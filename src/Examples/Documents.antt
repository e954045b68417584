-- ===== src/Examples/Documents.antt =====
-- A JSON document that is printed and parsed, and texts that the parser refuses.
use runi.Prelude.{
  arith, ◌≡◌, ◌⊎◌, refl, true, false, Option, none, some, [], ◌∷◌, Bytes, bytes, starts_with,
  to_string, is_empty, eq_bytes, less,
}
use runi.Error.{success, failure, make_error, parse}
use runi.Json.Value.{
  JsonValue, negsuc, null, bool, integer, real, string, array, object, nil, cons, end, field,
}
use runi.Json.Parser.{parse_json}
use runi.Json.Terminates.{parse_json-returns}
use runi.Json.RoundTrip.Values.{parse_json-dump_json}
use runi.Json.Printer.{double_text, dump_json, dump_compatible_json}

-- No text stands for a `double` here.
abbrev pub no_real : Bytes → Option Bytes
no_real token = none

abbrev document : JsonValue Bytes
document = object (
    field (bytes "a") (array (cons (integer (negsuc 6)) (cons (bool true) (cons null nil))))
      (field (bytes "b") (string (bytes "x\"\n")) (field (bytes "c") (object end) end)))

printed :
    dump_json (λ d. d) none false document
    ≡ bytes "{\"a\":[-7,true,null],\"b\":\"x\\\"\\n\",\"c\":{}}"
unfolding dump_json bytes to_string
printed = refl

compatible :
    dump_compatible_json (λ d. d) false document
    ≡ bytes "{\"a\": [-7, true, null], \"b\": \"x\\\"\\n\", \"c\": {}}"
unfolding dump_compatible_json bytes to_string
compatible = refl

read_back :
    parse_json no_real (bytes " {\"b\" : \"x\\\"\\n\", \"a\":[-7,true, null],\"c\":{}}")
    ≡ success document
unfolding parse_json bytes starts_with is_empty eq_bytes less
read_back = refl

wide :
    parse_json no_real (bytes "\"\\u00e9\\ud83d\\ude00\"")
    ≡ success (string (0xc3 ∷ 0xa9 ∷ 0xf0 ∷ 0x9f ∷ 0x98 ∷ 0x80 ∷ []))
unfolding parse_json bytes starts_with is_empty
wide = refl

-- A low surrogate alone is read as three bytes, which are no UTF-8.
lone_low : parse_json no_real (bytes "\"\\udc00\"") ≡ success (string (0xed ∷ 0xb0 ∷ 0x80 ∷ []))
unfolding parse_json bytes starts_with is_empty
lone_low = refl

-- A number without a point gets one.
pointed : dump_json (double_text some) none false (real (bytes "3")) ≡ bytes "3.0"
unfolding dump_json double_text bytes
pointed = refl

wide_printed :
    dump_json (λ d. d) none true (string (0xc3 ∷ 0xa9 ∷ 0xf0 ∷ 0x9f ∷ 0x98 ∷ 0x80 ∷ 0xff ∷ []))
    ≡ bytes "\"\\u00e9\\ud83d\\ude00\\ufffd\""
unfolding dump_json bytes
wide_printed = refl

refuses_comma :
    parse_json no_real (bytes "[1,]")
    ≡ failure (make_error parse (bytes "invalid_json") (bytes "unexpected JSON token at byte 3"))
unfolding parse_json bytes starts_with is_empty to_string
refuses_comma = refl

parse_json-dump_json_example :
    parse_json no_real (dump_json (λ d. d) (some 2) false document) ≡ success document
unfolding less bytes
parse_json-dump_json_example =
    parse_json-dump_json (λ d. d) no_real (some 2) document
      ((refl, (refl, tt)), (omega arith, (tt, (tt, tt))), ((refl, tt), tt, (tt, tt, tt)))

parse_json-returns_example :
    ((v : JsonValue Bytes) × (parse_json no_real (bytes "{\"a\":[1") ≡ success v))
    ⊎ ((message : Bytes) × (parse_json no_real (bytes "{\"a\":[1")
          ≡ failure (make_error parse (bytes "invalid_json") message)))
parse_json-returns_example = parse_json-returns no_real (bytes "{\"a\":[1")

+--

◆ INSTRUCTIONS FOR THE TASK ◆
If a line in the records above contains the string "negsuc", copy that line out.

◆ YOUR SOLUTION ◆
  JsonValue, negsuc, null, bool, integer, real, string, array, object, nil, cons, end, field,
    field (bytes "a") (array (cons (integer (negsuc 6)) (cons (bool true) (cons null nil))))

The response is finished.